Programmable Air Makes Robotics A Breeze

May 24, 2018 by Kristina Panos 10 Comments

[Amitabh] was frustrated by the lack of options for controlling air pressure in soft robotics. The most promising initiative, Pneuduino, seemed to be this close to a Shenzhen production run, but the creators have gone radio silent. Faced with only expensive alternatives, he decided to take one for Team Hacker and created Programmable Air, a modular system for inflatable and vacuum-based robotics.

The idea is to build the cheapest, most hacker-friendly system he can by evaluating and experimenting with all sorts of off-the-shelf pumps, sensors, and valves. From the looks of it, he’s pretty much got it dialed in. Programmable Air is based around $9 medical-grade booster pumps that are as good at making vacuums as they are at providing pressurization. The main board has two pumps, and it looks like one is set to vacuum and the other to spew air. There’s an Arduino Nano to drive them, and a momentary to control the air flow.
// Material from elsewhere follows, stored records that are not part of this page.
-- ===== src/Ingestion/Server/Between.antt =====
-- server.go and the clean-up of cmd/main.go: what may come between two requests with one key.
use mathlib.Core.Option.{some-injective}
use reconx.Base.{
  sym, subst, Option, ℕ, ◌<◌, String, Bool, true, ◌≡◌, some, List, [], ◌∷◌, All, ◌==◌, select,
  lt→ltb, Bool-cases, inl, inr,
}
use reconx.Base.Table.{find}
use reconx.Ingestion.Pipeline.{Libs}
use reconx.Ingestion.Stores.{idempotency_key, IdempotencyRow, Tables, Env, Call, is_live, purge}
use reconx.Ingestion.Server.{IngestRequest, submit_record}
use reconx.Ingestion.Server.Drained.{submit_record-IsStep}

-- A request, of a gRPC client or from the adapter queue, or the clean-up of the cached replies.
pub data Event : Type 0 where
  submitted : Env → IngestRequest → Event
  purged : Env → Event

-- The clean-up comes before a time.
abbrev pub IsEarly : ℕ → Event → Type 0
IsEarly deadline (submitted env req) = Unit
IsEarly deadline (purged env) = env.now < deadline

find-select_kept :
    {A : Type 0} (key : A → String) (p : A → Bool) (k : String) (rows : List A) (a : A)
    → p a ≡ true
    → find key k rows ≡ some a
    → find key k (select p rows) ≡ some a
unfolding find
find-select_kept {A} key p k [] a h e = cc
find-select_kept {A} key p k (x ∷ xs) a h e = elim (Bool-cases (key x == k)) [
  | inl same ↦
      let first : Path (Option A) (some x) (some a) = rw same at e in
      let chosen : p x ≡ true = subst (λ y. p y ≡ true) (some-injective a x (sym first)) h in
      rw chosen (rw same first)
  | inr other ↦ elim (Bool-cases (p x)) [
    | inl q ↦ rw q (rw other (find-select_kept key p k xs a h (rw other at e)))
    | inr q ↦ rw q (find-select_kept key p k xs a h (rw other at e))
  ]
]

module _ {D : Type 0} (libs : Libs D) (ttl : ℕ) where
  -- Events one after the other.
  unfoldable pub happen : List Event → Tables → Tables
  unfolding submit_record purge
  happen [] tables = tables
  happen (submitted env req ∷ events) tables =
      happen events (submit_record libs ttl env req tables).1
  happen (purged env ∷ events) tables = happen events (purge env tables).1

  purge-stays :
      (env : Env) (k : String) (row : IdempotencyRow) (tables : Tables)
      → env.now < row.expires_at
      → find idempotency_key k tables.idempotency ≡ some row
      → find idempotency_key k (purge env tables).1.idempotency ≡ some row
  unfolding purge
  purge-stays env k row tables early e = elim (Bool-cases (env.fails Call.purge_keys)) [
    | inl q ↦ rw q e
    | inr q ↦ rw q (
        find-select_kept idempotency_key (is_live env.now) k tables.idempotency row
          (lt→ltb env.now row.expires_at early) e)
  ]

  -- A cached reply stays until it expires.
  pub happen-stays :
      (events : List Event) (k : String) (row : IdempotencyRow) (tables : Tables)
      → All (IsEarly row.expires_at) events
      → find idempotency_key k tables.idempotency ≡ some row
      → find idempotency_key k (happen events tables).idempotency ≡ some row
  unfolding happen
  happen-stays [] k row tables early e = e
  happen-stays (submitted env req ∷ events) k row tables early e =
      happen-stays events k row _ early.1
        ((submit_record-IsStep libs ttl env req tables).0.replies_stay k row e)
  happen-stays (purged env ∷ events) k row tables early e =
      happen-stays events k row _ early.1 (purge-stays env k row tables early.0 e)
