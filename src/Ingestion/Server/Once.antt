-- ===== src/Ingestion/Server/Once.antt =====
-- server.go, SubmitRecord: what resubmission of an idempotency key does, before and after its cached
-- reply expires.
use reconx.Base.{
  All, List, ℕ, ◌+◌, ◌<◌, String, true, false, ◌≡◌, refl, none, some, Bool-cases, inl, inr, lt→ltb,
}
use reconx.Base.Exec.{Result, ok, err}
use reconx.Base.Table.{find}
use reconx.Ingestion.Pipeline.{NormalizedRecord, Libs, StageError, ingestion_pipeline}
use reconx.Ingestion.Pipeline.Kept.{pipeline-Keeps}
use reconx.Ingestion.Stores.{
  idempotency_key, record_key, IdempotencyRow, Record, Tables, Env, insert_record, set_response,
  enqueue, get_response, StoreError, Call,
}
use reconx.Ingestion.Stores.Fresh.{find-insert_new}
use reconx.Ingestion.Server.Between.{Event, IsEarly, happen, happen-stays}
use reconx.Ingestion.Server.{
  IngestRequest, IngestResponse, submit_record, process, on_processed, on_stored, proto_to_record,
  source_of, stored, cached_success, accepted,
}

-- The row that caches the reply with an id.
abbrev pub reply_row : Env → ℕ → IngestRequest → String → IdempotencyRow
reply_row env ttl req id = record {
  idempotency_key = req.idempotency_key;
  response = cached_success env id;
  source_system = source_of req.metadata;
  expires_at = env.now + ttl;
}

module _ {D : Type 0} (libs : Libs D) (ttl : ℕ) where
  -- A success of a request that was processed: its reply, and what is cached.
  abbrev IsCached : Env → IngestRequest → String → IngestResponse → Tables → Type 0
  IsCached env req id resp tables =
      (resp ≡ accepted id)
      × (find idempotency_key req.idempotency_key tables.idempotency
          ≡ some (reply_row env ttl req id))

  on_stored-IsCached :
      (env : Env) (req : IngestRequest) (rec : NormalizedRecord D) (result : Result StoreError Unit)
      (tables : Tables) (resp : IngestResponse)
      → env.fails Call.set_key ≡ false
      → find idempotency_key req.idempotency_key tables.idempotency ≡ none
      → (on_stored libs ttl env req rec result tables).0 ≡ ok resp
      → IsCached env req rec.internal_id resp (on_stored libs ttl env req rec result tables).1
  unfolding set_response enqueue
  on_stored-IsCached env req rec (ok _) tables resp works new e = (
    cc,
    rw works (
        find-insert_new idempotency_key (reply_row env ttl req rec.internal_id) tables.idempotency
          new),
  )
  on_stored-IsCached env req rec (err _) tables resp works new e = cc

  on_processed-IsCached :
      (env : Env) (req : IngestRequest) (result : Result StageError Unit) (rec : NormalizedRecord D)
      (tables : Tables) (resp : IngestResponse)
      → env.fails Call.set_key ≡ false
      → find idempotency_key req.idempotency_key tables.idempotency ≡ none
      → (on_processed libs ttl env req result rec tables).0 ≡ ok resp
      → resp.success ≡ true
      → IsCached env req rec.internal_id resp (on_processed libs ttl env req result rec tables).1
  unfolding enqueue insert_record
  on_processed-IsCached env req (ok _) rec tables resp works new e s =
      on_stored-IsCached env req rec (insert_record env (stored libs rec) tables).0
        (insert_record env (stored libs rec) tables).1 resp works new e
  on_processed-IsCached env req (err x) rec tables resp works new e s = cc

  first_submit :
      (env : Env) (req : IngestRequest) (tables : Tables) (resp : IngestResponse)
      → env.fails Call.set_key ≡ false
      → find idempotency_key req.idempotency_key tables.idempotency ≡ none
      → (submit_record libs ttl env req tables).0 ≡ ok resp
      → resp.success ≡ true
      → (id : String) × IsCached env req id resp (submit_record libs ttl env req tables).1
  unfolding submit_record process get_response
  first_submit env req tables resp works new e s =
      elim (Bool-cases (env.allow (source_of req.metadata))) [
        | inr q ↦ absurd (let k = rw q at e in cc)
        | inl q ↦ elim (Bool-cases (env.fails Call.get_key)) [
          | inl g ↦ (
            (ingestion_pipeline libs env.now (proto_to_record libs env req)).1.internal_id,
            rw (q, g)
                (on_processed-IsCached env req
                  (ingestion_pipeline libs env.now (proto_to_record libs env req)).0
                  (ingestion_pipeline libs env.now (proto_to_record libs env req)).1 tables resp
                  works new (rw (q, g) at e) s),
          )
          | inr g ↦ (
            (ingestion_pipeline libs env.now (proto_to_record libs env req)).1.internal_id,
            rw (q, g, new)
                (on_processed-IsCached env req
                  (ingestion_pipeline libs env.now (proto_to_record libs env req)).0
                  (ingestion_pipeline libs env.now (proto_to_record libs env req)).1 tables resp
                  works new (rw (q, g, new) at e) s),
          )
        ]
      ]

  -- A key for which no reply was cached, and whose submission then succeeded and was cached, is
  -- processed once: until the reply expires, and whatever other requests and clean-ups come in between,
  -- each request with the key that the rate limiter lets through and that can read the table of replies
  -- gets the first reply, and changes nothing.
  pub submit_record_once :
      (env later : Env) (req again : IngestRequest) (between : List Event) (tables : Tables)
      (resp : IngestResponse)
      → env.fails Call.set_key ≡ false
      → find idempotency_key req.idempotency_key tables.idempotency ≡ none
      → (submit_record libs ttl env req tables).0 ≡ ok resp
      → resp.success ≡ true
      → All (IsEarly (env.now + ttl)) between
      → again.idempotency_key ≡ req.idempotency_key
      → later.allow (source_of again.metadata) ≡ true
      → later.fails Call.get_key ≡ false
      → later.now < env.now + ttl
      → submit_record libs ttl later again
          (happen libs ttl between (submit_record libs ttl env req tables).1)
        ≡ (ok resp, happen libs ttl between (submit_record libs ttl env req tables).1)
  unfolding submit_record get_response
  submit_record_once env later req again between tables resp works new e s before same allowed
        readable early =
      let (id, (same_reply, row)) = first_submit env req tables resp works new e s in
      replayed (happen libs ttl between (submit_record libs ttl env req tables).1) id same_reply (
        happen-stays libs ttl between req.idempotency_key (reply_row env ttl req id)
          (submit_record libs ttl env req tables).1 before row)
    where
      replayed :
          (t : Tables) (id : String)
          → resp ≡ accepted id
          → find idempotency_key req.idempotency_key t.idempotency ≡ some (reply_row env ttl req id)
          → submit_record libs ttl later again t ≡ (ok resp, t)
      replayed t id same_reply row =
          rw (allowed, readable, same, row, lt→ltb later.now (env.now + ttl) early, same_reply) refl

  -- Where no live reply is cached for a key that the records have, a request with the key that the rate
  -- limiter lets through, that passes the pipeline and whose INSERT does not fail is answered as a
  -- success with a new id, and the records are as before.
  pub resubmit_after_expiry :
      (env : Env) (req : IngestRequest) (tables : Tables) (e : StoreError) (old : Record)
      → env.allow (source_of req.metadata) ≡ true
      → (get_response env req.idempotency_key tables).0 ≡ err e
      → (ingestion_pipeline libs env.now (proto_to_record libs env req)).0 ≡ ok tt
      → env.fails Call.insert ≡ false
      → find record_key req.idempotency_key tables.records ≡ some old
      → ((submit_record libs ttl env req tables).0 ≡ ok (accepted env.uuid))
        × ((submit_record libs ttl env req tables).1.records ≡ tables.records)
  unfolding submit_record process insert_record
  resubmit_after_expiry env req tables e old allowed expired passed works stored_once =
      let (same_id, same_key, same_source, same_adapter, same_payload, same_ref) =
        pipeline-Keeps libs env.now (proto_to_record libs env req) in
      again (ingestion_pipeline libs env.now (proto_to_record libs env req)).1
        (unfold proto_to_record in same_id) (unfold proto_to_record in same_key) refl
    where
      again :
          (rec : NormalizedRecord D)
          → rec.internal_id ≡ env.uuid
          → rec.idempotency_key ≡ req.idempotency_key
          → (ingestion_pipeline libs env.now (proto_to_record libs env req)).1 ≡ rec
          → ((submit_record libs ttl env req tables).0 ≡ ok (accepted env.uuid))
            × ((submit_record libs ttl env req tables).1.records ≡ tables.records)
      again rec id key r =
          rw (allowed, expired, passed, r, works, id, key, stored_once) (refl, refl)
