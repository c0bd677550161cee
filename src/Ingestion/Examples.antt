-- ===== src/Ingestion/Examples.antt =====
-- The theorems on the Ingestion Service, at concrete requests, with whole numbers for decimals.
mod Adapting
mod Serving
use reconx.Base.{
  ℕ, ◌+◌, ◌%◌, ◌^◌, true, false, ◌≡◌, refl, ◌↔◌, ◌⊎◌, Option, none, some, List, [], ◌∷◌, arith, leb,
  if◌then◌else◌, ◌==◌,
}
use reconx.Base.Exec.{ok}
use reconx.Base.Table.{find}
use reconx.Ingestion.Pipeline.{
  NormalizedRecord, Libs, RawIngestPayload, validate, ingestion_pipeline, matches_tx_ref,
}
use reconx.Ingestion.Pipeline.Validity.{IsValid}
use reconx.Ingestion.Pipeline.Outcome.{HasReadableAmount, pipeline_iff}
use reconx.Ingestion.Stores.{
  IdempotencyRow, Entry, Record, Tables, Env, key_not_found, get_response,
}
use reconx.Ingestion.Server.Between.{Event, happen}
use reconx.Ingestion.Server.{
  cached_success, dead_letter, IngestRequest, submit_record, accepted, proto_to_record,
}
use reconx.Ingestion.Server.Once.{submit_record_once, resubmit_after_expiry}
use reconx.Ingestion.Server.Accounted.{IsStored, IsDeadLetter, submit_record-accounted}

abbrev pub payload : RawIngestPayload
payload = record {
  transaction_ref = "";
  amount = "10";
  currency = "inr";
  event_time = "";
  schema = "invoice.v1";
  extra = ("branch", "north") ∷ [];
}

abbrev decode : List ℕ → Option RawIngestPayload
decode [] = none
decode (b ∷ bs) = some payload

abbrev pub libs : Libs ℕ
libs = record {
  unmarshal = decode;
  zero_decimal = 0;
  new_from_string = λ s. if s == "10" then some 10 else none;
  is_zero = λ n. leb n 0;
  is_negative = λ _. false;
  to_text = λ n. "10";
  parse = λ _ _. none;
}

abbrev pub env : Env
env = record { now = 100; fails = λ _. false; uuid = "id-1"; serial = 1; allow = λ _. true }

abbrev pub later : Env
later = record env { now = 105; uuid = "id-2" }

abbrev req : IngestRequest
req = record {
  idempotency_key = "k1";
  transaction_ref = "T1";
  payload = 123 ∷ 125 ∷ [];
  metadata = some (record { source_system = "erp"; trace_id = ""; tags = [] });
}

abbrev bare : IngestRequest
bare = record req { metadata = none }

abbrev pub empty : Tables
empty = record { idempotency = []; records = []; dlq = [] }

abbrev pub rec : NormalizedRecord ℕ
rec = record {
  internal_id = "id-1";
  idempotency_key = "k1";
  transaction_ref = "T1";
  source_system = "erp";
  adapter_type = "grpc";
  amount = 0;
  currency = "";
  record_timestamp = 0;
  server_received_at = 0;
  raw_payload = 123 ∷ 125 ∷ [];
  payload_schema = "";
  tags = [];
  trace_id = "";
}

abbrev old : Record
old = record {
  internal_id = "id-0";
  idempotency_key = "k1";
  transaction_ref = "T1";
  source_system = "erp";
  adapter_type = "grpc";
  amount = "10";
  currency = "INR";
  record_timestamp = none;
  server_received_at = 1;
  raw_payload = 123 ∷ 125 ∷ [];
  payload_schema = "";
  tags = [];
  trace_id = "";
  status = "PENDING";
}

abbrev full : Tables
full = record { idempotency = []; records = old ∷ []; dlq = [] }

pipeline_iff_example :
    ((ingestion_pipeline libs 100 rec).0 ≡ ok tt)
    ↔ (IsValid libs 100 rec × HasReadableAmount libs rec.raw_payload)
pipeline_iff_example = pipeline_iff libs 100 rec

abbrev other : IngestRequest
other = record req { idempotency_key = "k2"; transaction_ref = "T2" }

-- Another key, a clean-up, and the same key once more.
abbrev between : List Event
between = Event.submitted env other ∷ Event.purged later ∷ Event.submitted later bare ∷ []

submit_record_once_example :
    submit_record libs 10 later bare
      (happen libs 10 between (submit_record libs 10 env req empty).1)
    ≡ (ok (accepted "id-1"), happen libs 10 between (submit_record libs 10 env req empty).1)
unfolding submit_record ingestion_pipeline proto_to_record matches_tx_ref
submit_record_once_example =
    submit_record_once libs 10 env later req bare between empty (accepted "id-1") refl
      (unfold find in refl) (unfold find in refl) refl (omega arith) refl refl refl (omega arith)

resubmit_after_expiry_example :
    ((submit_record libs 10 env req full).0 ≡ ok (accepted "id-1"))
    × ((submit_record libs 10 env req full).1.records ≡ full.records)
unfolding ingestion_pipeline proto_to_record matches_tx_ref get_response
resubmit_after_expiry_example =
    resubmit_after_expiry libs 10 env req full key_not_found old refl (unfold find in refl)
      (unfold find in refl) refl (unfold find in refl)

submit_record-accounted_example :
    IsStored bare (submit_record libs 10 env bare empty).1
    ⊎ IsDeadLetter bare empty (submit_record libs 10 env bare empty).1
unfolding get_response
submit_record-accounted_example =
    submit_record-accounted libs 10 env bare empty key_not_found refl (unfold find in refl) refl

abbrev cached : IdempotencyRow
cached = record {
  idempotency_key = "k1";
  response = cached_success env "id-0";
  source_system = "erp";
  expires_at = 90;
}

abbrev expired : Tables
expired = record empty { idempotency = cached ∷ [] }

abbrev letter : Entry
letter = dead_letter env rec "validate" "invalid_format"

abbrev spent : Entry
spent = record letter { id = 2; retry_count = 3 }
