-- ===== src/Resolution/Manual/Failure.antt =====
-- server.go, ResolveManually: what an error leaves behind.
use reconx.Base.{Bool-cases, ◌⊎◌, true, ◌≡◌, inl, inr, Option-cases, ◌==◌}
use reconx.Base.Exec.{err}
use reconx.Base.Table.{find, upsert}
use reconx.Proto.{Code, internal}
use reconx.Resolution.Tables.{Database, Call, Env}
use reconx.Resolution.Queries.States.{decided_again, state_key, resolution_key}
use reconx.Resolution.Manual.{ResolutionRequest, resolve_manually, is_unresolvable}
use reconx.Resolution.Manual.Outcome.{manual_record}

-- Whatever an error is, the states, the retry queue and the audit log are as before; so are the
-- decisions, but where the update of the state failed after the decision was written.
pub resolve_manually_error :
    (env : Env) (req : ResolutionRequest) (db : Database) (c : Code)
    → (resolve_manually env req db).0 ≡ err c
    → ((resolve_manually env req db).1 ≡ db)
      ⊎ ((env.fails Call.update_state ≡ true)
          × (c ≡ internal)
          × ((resolve_manually env req db).1 ≡ record db {
            resolution_records =
                upsert resolution_key
                  (manual_record env req)
                  (decided_again (manual_record env req))
                  db.resolution_records;
          }))
unfolding resolve_manually
resolve_manually_error env req db c e = elim (Bool-cases (req.transaction_ref == "")) [
  | inl e1 ↦ inl (rw e1)
  | inr e1 ↦ elim (Bool-cases (req.chosen_source == "")) [
    | inl e2 ↦ inl (rw (e1, e2))
    | inr e2 ↦ elim (Bool-cases (req.resolver_id == "")) [
      | inl e3 ↦ inl (rw (e1, e2, e3))
      | inr e3 ↦ elim (Bool-cases (env.fails Call.get_state)) [
        | inl e4 ↦ inl (rw (e1, e2, e3, e4))
        | inr e4 ↦ elim (Option-cases (find state_key req.transaction_ref db.recon_state)) [
          | inl e5 ↦ inl (rw (e1, e2, e3, e4, e5))
          | inr (s, e5) ↦ elim (Bool-cases (is_unresolvable s.status)) [
            | inl e6 ↦ inl (rw (e1, e2, e3, e4, e5, e6))
            | inr e6 ↦ elim (Bool-cases (env.fails Call.insert_resolution)) [
              | inl e7 ↦ inl (rw (e1, e2, e3, e4, e5, e6, e7))
              | inr e7 ↦ elim (Bool-cases (env.fails Call.update_state)) [
                | inl e8 ↦ inr (
                  e8,
                  (let k : err internal ≡ err c = rw (e1, e2, e3, e4, e5, e6, e7, e8) at e in cc),
                  rw (e1, e2, e3, e4, e5, e6, e7, e8),
                )
                | inr e8 ↦ absurd (let k = rw (e1, e2, e3, e4, e5, e6, e7, e8) at e in cc)
              ]
            ]
          ]
        ]
      ]
    ]
  ]
]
Programmable Air can support up to 12 valves through daughter boards that connect via right-angle header. In the future, [Amitabh] may swap these out for magnetic connections or something else that can withstand repeated use.

Blow past the break to watch Programmable Air do pick and place, control a soft gripper, and inflate a balloon. The balloon’s pressurization behavior has made [Amitabh] reconsider adding a flow meter, but so far he hasn’t found a reasonable cost per unit. Can you recommend a small flow meter that won’t break the bank? Let us know in the comments.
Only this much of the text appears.